Morten Skovsgaard en collega’s onderscheiden (hier, paywall) vier typen journalistieke rolpercepties, gebaseerd op de journalistieke benadering (actief of passief) en de opvatting over democratie en dan met name of representatie of deliberatie centraal moet staan (zie onderstaande Tabel).

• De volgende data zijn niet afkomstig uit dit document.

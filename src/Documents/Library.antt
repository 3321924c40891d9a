-- ===== src/Documents/Library.antt =====
-- The documents of a workspace: `create`, `list`, `update` and `softDelete` of
-- api/src/documents/documents.service.ts, with `listByWorkspace` and `countByWorkspace` of
-- api/src/database/repositories/document.repo.ts; and the permissions on them, with
-- api/src/database/repositories/document-permission.repo.ts.
-- The records are a map by identifier; `matches` is the database's test of a query on a record. The
-- commands succeed. A cached list is stored as its JSON text, here as itself.
pub mod Fresh
use Prim.Native.String
use realtime_collaborative_e.Base.{
  ℕ, String, Bool, true, false, ◌&&◌, not, Option, none, some, List, [], ◌∷◌, filter, length, leb,
  ◌==◌, ◌===◌, if◌then◌else◌, Result, ok, err,
}
use realtime_collaborative_e.Base.Map
use realtime_collaborative_e.Base.Map.{Map}
use realtime_collaborative_e.Redis.{KeyStore}

pub record Record : Type 0 where
  pub id : String
  pub workspace_id : String
  pub owner_id : String
  pub title : String
  pub status : String
  pub tags : List String
  pub deleted_at : Option ℕ
  pub updated_at : ℕ

pub record CreateInput : Type 0 where
  pub workspace_id : String
  pub owner_id : String
  pub title : String

-- The fields that an update gives.
pub record UpdateInput : Type 0 where
  pub title : Option String
  pub status : Option String
  pub tags : Option (List String)

pub data Refusal : Type 0 where
  limit_reached not_found : Refusal

-- `opts` of a listing
pub record Query : Type 0 where
  pub q : Option String
  pub tag : Option String

-- The settings of a workspace, as far as they are read: `maxDocuments`.
pub record Outside : Type 0 where
  pub max_documents : String → Option ℕ
  pub matches : Query → Record → Bool

pub record Library (lists : KeyStore (List Record)) : Type 0 where
  pub docs : Map Record
  pub cache : lists.Store

-- `docs:ws:…`
abbrev pub list_key : String → String
list_key ws = String.◌++◌ "docs:ws:" ws

abbrev pub values : Map Record → List Record
values [] = []
values ((_, d) ∷ m) = d ∷ values m

-- The query of both repository calls.
abbrev pub in_workspace : String → Record → Bool
in_workspace ws d = (d.workspace_id === ws) && not (d.status === "deleted")

-- `sort({ updatedAt: -1 })`
abbrev pub insert_latest : Record → List Record → List Record
insert_latest d [] = d ∷ []
insert_latest d (e ∷ l) =
    let rest = insert_latest d l in if leb e.updated_at d.updated_at then d ∷ e ∷ l else e ∷ rest

abbrev pub sort_latest : List Record → List Record
sort_latest [] = []
sort_latest (d ∷ l) = insert_latest d (sort_latest l)

unfoldable pub current : Map Record → String → List Record
current docs ws = sort_latest (filter (in_workspace ws) (values docs))

abbrev pub count_by_workspace : Map Record → String → ℕ
count_by_workspace docs ws = length (filter (in_workspace ws) (values docs))

abbrev pub truthy : Option String → Bool
truthy none = false
truthy (some s) = not (s === "")

abbrev pub given {ℓ} : {A : Type ℓ} → Option A → A → A
given none a = a
given (some b) a = b

module _ (lists : KeyStore (List Record)) (o : Outside) where
  -- Whether the limit of a workspace is reached; a limit of 0 is none.
  abbrev pub is_full : Map Record → String → Bool
  is_full docs ws = elim (o.max_documents ws) [
    | none ↦ false
    | some n ↦ not (n == 0) && leb n (count_by_workspace docs ws)
  ]

  abbrev pub new_record : ℕ → String → CreateInput → Record
  new_record now id input = record {
    id = id;
    workspace_id = input.workspace_id;
    owner_id = input.owner_id;
    title = input.title;
    status = "active";
    tags = [];
    deleted_at = none;
    updated_at = now;
  }

  -- What every write does: the record is stored, and the cached list of its workspace dropped.
  abbrev pub put : Library lists → Record → Library lists
  put s d = record {
    docs = Map.set s.docs d.id d;
    cache = lists.del s.cache (list_key d.workspace_id);
  }

  -- `create`; `id` is what the database draws.
  abbrev pub create :
      Library lists → ℕ → String → CreateInput → Library lists × Result Refusal Record
  create s now id input =
      let d = new_record now id input in
      if is_full s.docs input.workspace_id then (s, err limit_reached) else (put s d, ok d)

  -- `list`
  abbrev pub list : Library lists → ℕ → String → Query → Library lists × List Record
  list s now ws query =
      let l = current s.docs ws in
      let cached : Library lists × List Record = elim (lists.get s.cache now (list_key ws)) [
        | none ↦ (record s { cache = lists.set_ex s.cache now (list_key ws) l 30000 }, l)
        | some found ↦ (s, found)
      ] in
      if truthy query.q
      then (s, filter (o.matches query) l)
      else if truthy query.tag
      then (s, filter (o.matches query) l)
      else cached

  abbrev pub updated : ℕ → UpdateInput → Record → Record
  updated now input d = record d {
    title = given input.title d.title;
    status = given input.status d.status;
    tags = given input.tags d.tags;
    updated_at = now;
  }

  -- `update` and `softDelete`, by what they change of a record; neither changes its identifier or
  -- its workspace.
  abbrev pub change :
      Library lists → String → (Record → Record) → Library lists × Result Refusal Record
  change s id f = elim (Map.get s.docs id) [
    | none ↦ (s, err not_found)
    | some d ↦
        let e : Record = record (f d) { id = id; workspace_id = d.workspace_id } in (put s e, ok e)
  ]

  abbrev pub update :
      Library lists → ℕ → String → UpdateInput → Library lists × Result Refusal Record
  update s now id input = change s id (updated now input)

  abbrev pub deleted : ℕ → Record → Record
  deleted now d = record d { status = "deleted"; deleted_at = some now; updated_at = now }

  abbrev pub soft_delete : Library lists → ℕ → String → Library lists × Result Refusal Record
  soft_delete s now id = change s id (deleted now)

-- The permissions on documents: the role under the document and the user.
pub record Grants : Type 0 where
  pub document_id : String
  pub user_id : String
  pub role : String

-- `DocumentPermissionRepository.upsert`
abbrev pub upsert : List Grants → String → String → String → List Grants
upsert [] doc user role = record { document_id = doc; user_id = user; role = role } ∷ []
upsert (g ∷ gs) doc user role =
    let rest = upsert gs doc user role in
    if (g.document_id === doc) && (g.user_id === user)
    then record g { role = role } ∷ gs
    else g ∷ rest

-- A text that JavaScript takes for true.
abbrev or_none : Option String → Option String
or_none none = none
or_none (some s) = if s === "" then none else some s

-- `addPermission`; `find_by_email` gives the identifier of a user. The address is in lower case and
-- trimmed.
abbrev pub add_permission :
    (String → Option String)
    → List Grants
    → String
    → Option String
    → Option String
    → String
    → Result Refusal (List Grants)
add_permission find_by_email gs doc user_id email role =
    let found : Result Refusal (List Grants) = elim (or_none email) [
      | none ↦ err not_found
      | some e ↦ elim (find_by_email e) [
        | none ↦ err not_found
        | some u ↦ ok (upsert gs doc u role)
      ]
    ] in
    elim (or_none user_id) [ none ↦ found | some u ↦ ok (upsert gs doc u role) ]

-- `removePermission`
abbrev pub remove_permission : List Grants → String → String → List Grants
remove_permission [] doc user = []
remove_permission (g ∷ gs) doc user =
    let rest = remove_permission gs doc user in
    if (g.document_id === doc) && (g.user_id === user) then gs else g ∷ rest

In hun onderzoek onder Deense journalisten valt op dat zij zichzelf met name hoog scoren op de ‘watchdog’ rol: die van actief en kritisch volger van de politiek om zo de correcte informatie boven tafel te krijgen. Dit komt wel overeen met het beeld dat van de moderne Nederlandse journalist bestaat in een tijd van medialogica: eerder een kritische volger van de politiek (en soms ook duidelijk agenda-setters, zie bijvoorbeeld hier, paywall) dan een simpele doorgever van informatie die politici proberen te verspreiden.
Anders dan anders?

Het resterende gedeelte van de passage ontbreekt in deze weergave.